**What you need to do**
Pull every line that includes the word "ground" out of the data below and copy it.

Stored data entries
--- START ---

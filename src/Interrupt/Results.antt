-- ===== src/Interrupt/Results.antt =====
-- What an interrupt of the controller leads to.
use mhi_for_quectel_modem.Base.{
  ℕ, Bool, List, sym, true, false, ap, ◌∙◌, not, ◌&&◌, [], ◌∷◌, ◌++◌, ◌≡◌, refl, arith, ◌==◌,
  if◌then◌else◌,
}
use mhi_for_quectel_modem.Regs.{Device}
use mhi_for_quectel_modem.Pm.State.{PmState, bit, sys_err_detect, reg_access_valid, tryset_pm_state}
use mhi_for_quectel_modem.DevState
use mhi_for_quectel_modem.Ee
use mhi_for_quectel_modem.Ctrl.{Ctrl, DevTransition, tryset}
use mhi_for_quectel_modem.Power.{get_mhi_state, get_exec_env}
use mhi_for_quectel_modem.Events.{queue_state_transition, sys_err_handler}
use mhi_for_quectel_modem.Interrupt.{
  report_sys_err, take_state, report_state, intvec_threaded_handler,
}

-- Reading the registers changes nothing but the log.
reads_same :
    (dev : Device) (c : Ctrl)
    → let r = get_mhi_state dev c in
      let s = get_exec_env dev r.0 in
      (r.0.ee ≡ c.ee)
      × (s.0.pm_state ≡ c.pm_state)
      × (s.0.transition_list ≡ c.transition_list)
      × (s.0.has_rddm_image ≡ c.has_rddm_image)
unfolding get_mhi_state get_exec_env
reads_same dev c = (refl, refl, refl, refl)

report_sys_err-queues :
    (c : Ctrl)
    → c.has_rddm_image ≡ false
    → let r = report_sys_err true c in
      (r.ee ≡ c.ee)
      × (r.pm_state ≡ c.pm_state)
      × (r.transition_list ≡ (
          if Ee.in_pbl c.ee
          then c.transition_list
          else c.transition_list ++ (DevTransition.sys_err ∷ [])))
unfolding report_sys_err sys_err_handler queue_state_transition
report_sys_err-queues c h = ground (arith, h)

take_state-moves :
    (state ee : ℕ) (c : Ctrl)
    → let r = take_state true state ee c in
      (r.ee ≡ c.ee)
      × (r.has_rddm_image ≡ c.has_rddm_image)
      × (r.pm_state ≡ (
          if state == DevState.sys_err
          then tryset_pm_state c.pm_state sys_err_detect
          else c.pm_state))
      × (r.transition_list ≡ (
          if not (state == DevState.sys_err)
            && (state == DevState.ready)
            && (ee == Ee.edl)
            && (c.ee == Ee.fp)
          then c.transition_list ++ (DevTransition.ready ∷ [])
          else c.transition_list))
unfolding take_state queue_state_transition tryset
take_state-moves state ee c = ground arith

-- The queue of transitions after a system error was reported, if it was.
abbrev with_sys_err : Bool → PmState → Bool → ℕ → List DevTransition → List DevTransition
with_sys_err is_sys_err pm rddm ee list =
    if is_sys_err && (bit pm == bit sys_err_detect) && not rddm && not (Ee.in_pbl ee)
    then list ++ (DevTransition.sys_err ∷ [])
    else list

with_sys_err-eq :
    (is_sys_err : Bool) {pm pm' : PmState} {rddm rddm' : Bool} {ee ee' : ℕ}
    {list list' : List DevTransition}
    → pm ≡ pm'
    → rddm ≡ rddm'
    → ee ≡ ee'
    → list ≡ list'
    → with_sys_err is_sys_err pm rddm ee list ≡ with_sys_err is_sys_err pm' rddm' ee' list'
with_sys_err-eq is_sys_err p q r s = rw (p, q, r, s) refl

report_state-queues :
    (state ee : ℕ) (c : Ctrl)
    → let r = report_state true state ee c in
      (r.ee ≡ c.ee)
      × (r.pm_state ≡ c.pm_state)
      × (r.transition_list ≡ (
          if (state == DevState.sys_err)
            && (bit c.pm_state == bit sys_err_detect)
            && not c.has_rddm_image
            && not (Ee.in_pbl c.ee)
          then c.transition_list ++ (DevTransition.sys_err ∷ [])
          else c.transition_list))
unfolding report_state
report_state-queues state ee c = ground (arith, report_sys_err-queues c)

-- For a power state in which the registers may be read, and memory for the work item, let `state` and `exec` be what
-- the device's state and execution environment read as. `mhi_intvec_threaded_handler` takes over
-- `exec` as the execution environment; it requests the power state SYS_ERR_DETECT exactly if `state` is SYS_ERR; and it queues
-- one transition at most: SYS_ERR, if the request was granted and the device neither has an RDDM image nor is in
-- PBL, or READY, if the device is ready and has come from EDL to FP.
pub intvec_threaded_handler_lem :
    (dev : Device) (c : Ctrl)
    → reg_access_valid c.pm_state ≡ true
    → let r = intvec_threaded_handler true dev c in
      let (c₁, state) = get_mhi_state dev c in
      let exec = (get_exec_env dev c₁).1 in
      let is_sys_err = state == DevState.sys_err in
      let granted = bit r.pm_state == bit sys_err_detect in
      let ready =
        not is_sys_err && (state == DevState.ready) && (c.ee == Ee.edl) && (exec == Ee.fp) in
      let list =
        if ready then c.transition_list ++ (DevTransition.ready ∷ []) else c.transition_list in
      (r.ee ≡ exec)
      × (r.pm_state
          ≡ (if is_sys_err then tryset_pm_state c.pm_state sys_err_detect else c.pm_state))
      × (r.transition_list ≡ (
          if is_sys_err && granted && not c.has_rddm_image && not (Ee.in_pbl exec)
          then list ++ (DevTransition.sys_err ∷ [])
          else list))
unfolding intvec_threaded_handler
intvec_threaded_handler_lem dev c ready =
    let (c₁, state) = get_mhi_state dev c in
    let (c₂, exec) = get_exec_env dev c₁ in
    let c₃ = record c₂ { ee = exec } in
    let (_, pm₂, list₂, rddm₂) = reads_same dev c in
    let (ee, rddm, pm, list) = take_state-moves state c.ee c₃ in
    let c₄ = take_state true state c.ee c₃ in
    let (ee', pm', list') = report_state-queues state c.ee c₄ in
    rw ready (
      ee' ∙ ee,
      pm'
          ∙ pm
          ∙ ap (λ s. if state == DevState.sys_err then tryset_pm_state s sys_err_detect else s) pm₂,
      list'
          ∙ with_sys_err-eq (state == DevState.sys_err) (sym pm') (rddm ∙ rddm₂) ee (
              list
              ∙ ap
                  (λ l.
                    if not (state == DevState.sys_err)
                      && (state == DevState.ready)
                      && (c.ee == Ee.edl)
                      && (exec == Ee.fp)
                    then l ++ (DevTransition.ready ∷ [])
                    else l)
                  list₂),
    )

--- END ---

**Response to the task**
report_sys_err-queues c h = ground (arith, h)
take_state-moves state ee c = ground arith
report_state-queues state ee c = ground (arith, report_sys_err-queues c)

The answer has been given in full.